Records drawn from a dataset:
______

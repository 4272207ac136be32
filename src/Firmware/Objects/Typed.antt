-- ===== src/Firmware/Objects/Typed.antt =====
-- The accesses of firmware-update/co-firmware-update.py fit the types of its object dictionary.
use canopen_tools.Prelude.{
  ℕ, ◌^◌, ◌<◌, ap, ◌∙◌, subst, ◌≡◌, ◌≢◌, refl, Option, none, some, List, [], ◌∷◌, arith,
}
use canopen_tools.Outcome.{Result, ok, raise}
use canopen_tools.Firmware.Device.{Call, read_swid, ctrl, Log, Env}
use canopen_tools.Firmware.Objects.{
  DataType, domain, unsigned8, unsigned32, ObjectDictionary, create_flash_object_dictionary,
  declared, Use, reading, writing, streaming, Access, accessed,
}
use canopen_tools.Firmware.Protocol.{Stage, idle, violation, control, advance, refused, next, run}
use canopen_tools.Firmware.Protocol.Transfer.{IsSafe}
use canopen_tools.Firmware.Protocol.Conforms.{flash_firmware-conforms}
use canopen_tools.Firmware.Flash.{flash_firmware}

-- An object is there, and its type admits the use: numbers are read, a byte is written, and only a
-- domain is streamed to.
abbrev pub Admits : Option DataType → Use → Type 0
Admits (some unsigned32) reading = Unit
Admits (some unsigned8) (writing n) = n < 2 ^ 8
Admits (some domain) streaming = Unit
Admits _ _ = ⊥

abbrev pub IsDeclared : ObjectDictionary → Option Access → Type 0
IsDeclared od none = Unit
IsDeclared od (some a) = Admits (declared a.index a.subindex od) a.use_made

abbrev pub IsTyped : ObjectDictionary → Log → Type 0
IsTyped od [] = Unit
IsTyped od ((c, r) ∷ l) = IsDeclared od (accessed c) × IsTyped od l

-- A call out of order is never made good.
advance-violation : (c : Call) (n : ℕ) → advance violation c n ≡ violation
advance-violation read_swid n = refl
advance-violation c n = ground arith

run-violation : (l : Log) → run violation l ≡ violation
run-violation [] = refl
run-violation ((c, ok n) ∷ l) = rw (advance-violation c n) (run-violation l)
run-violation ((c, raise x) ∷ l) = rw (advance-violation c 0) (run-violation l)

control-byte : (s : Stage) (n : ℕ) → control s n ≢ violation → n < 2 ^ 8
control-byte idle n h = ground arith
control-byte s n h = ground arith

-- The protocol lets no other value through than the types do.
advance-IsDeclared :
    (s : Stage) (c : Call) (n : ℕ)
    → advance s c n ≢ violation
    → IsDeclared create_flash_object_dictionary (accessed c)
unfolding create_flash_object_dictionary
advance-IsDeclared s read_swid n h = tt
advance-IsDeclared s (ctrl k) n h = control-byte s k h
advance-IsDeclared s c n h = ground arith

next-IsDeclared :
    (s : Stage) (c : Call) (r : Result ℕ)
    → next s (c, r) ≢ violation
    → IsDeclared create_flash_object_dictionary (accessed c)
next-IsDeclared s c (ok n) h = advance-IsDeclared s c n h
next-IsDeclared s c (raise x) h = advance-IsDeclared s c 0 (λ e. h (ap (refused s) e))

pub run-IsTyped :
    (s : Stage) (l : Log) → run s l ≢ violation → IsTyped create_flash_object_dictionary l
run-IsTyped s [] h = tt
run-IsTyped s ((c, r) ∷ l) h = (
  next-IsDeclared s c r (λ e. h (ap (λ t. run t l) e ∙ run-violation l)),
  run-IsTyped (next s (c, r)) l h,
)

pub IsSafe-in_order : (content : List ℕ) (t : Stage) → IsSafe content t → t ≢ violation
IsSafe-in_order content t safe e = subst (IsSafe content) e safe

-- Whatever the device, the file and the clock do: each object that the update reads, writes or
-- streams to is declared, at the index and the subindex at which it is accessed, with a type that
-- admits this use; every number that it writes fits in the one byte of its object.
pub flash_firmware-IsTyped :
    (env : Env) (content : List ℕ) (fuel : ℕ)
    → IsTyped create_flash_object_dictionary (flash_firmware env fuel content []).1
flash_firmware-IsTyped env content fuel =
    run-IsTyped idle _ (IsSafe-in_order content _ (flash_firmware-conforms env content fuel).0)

______

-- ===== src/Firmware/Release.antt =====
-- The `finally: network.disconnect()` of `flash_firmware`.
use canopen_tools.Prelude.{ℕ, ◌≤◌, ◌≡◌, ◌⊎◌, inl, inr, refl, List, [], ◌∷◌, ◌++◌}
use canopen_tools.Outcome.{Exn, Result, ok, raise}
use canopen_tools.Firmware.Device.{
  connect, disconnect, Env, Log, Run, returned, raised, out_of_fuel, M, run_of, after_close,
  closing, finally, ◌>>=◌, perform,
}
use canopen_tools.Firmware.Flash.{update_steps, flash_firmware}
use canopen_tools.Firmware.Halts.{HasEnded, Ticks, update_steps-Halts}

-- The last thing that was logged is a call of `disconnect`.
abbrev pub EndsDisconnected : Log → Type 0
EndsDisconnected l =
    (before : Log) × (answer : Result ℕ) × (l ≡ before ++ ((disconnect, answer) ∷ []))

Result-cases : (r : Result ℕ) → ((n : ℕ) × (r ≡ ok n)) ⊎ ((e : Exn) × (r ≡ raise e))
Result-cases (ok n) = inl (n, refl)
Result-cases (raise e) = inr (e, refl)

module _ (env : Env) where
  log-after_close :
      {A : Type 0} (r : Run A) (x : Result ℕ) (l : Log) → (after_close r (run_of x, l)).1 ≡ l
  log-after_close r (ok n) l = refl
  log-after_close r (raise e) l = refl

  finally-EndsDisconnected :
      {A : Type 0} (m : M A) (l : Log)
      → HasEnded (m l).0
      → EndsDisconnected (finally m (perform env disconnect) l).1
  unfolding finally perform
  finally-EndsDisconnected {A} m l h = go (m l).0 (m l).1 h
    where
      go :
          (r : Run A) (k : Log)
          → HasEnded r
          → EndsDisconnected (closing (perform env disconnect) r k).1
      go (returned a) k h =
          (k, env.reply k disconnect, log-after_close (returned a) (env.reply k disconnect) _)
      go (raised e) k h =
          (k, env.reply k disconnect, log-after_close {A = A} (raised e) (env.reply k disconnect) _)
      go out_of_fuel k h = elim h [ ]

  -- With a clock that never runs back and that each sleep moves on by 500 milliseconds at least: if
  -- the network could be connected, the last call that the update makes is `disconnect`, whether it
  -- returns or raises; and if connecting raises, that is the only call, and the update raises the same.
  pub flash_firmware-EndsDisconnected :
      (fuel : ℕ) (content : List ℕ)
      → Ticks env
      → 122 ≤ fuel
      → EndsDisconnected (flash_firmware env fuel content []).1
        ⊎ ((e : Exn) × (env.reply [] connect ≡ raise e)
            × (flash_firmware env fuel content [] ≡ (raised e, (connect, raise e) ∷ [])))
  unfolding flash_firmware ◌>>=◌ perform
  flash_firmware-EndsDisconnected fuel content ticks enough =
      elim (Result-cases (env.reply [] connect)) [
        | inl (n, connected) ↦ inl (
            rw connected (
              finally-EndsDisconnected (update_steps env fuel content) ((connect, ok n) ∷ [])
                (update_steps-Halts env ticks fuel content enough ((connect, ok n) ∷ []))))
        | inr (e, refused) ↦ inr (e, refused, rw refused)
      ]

______

HOW TO COMPLETE THIS TASK: Retype exactly the lines above, from the one with "abbrev pub EndsDisconnected : Log → Type 0" through the one with "-- the network", inclusive.

ANSWER SPACE:
abbrev pub EndsDisconnected : Log → Type 0
EndsDisconnected l =
    (before : Log) × (answer : Result ℕ) × (l ≡ before ++ ((disconnect, answer) ∷ []))

Result-cases : (r : Result ℕ) → ((n : ℕ) × (r ≡ ok n)) ⊎ ((e : Exn) × (r ≡ raise e))
Result-cases (ok n) = inl (n, refl)
Result-cases (raise e) = inr (e, refl)

module _ (env : Env) where
  log-after_close :
      {A : Type 0} (r : Run A) (x : Result ℕ) (l : Log) → (after_close r (run_of x, l)).1 ≡ l
  log-after_close r (ok n) l = refl
  log-after_close r (raise e) l = refl

  finally-EndsDisconnected :
      {A : Type 0} (m : M A) (l : Log)
      → HasEnded (m l).0
      → EndsDisconnected (finally m (perform env disconnect) l).1
  unfolding finally perform
  finally-EndsDisconnected {A} m l h = go (m l).0 (m l).1 h
    where
      go :
          (r : Run A) (k : Log)
          → HasEnded r
          → EndsDisconnected (closing (perform env disconnect) r k).1
      go (returned a) k h =
          (k, env.reply k disconnect, log-after_close (returned a) (env.reply k disconnect) _)
      go (raised e) k h =
          (k, env.reply k disconnect, log-after_close {A = A} (raised e) (env.reply k disconnect) _)
      go out_of_fuel k h = elim h [ ]

  -- With a clock that never runs back and that each sleep moves on by 500 milliseconds at least: if
  -- the network could be connected, the last call that the update makes is `disconnect`, whether it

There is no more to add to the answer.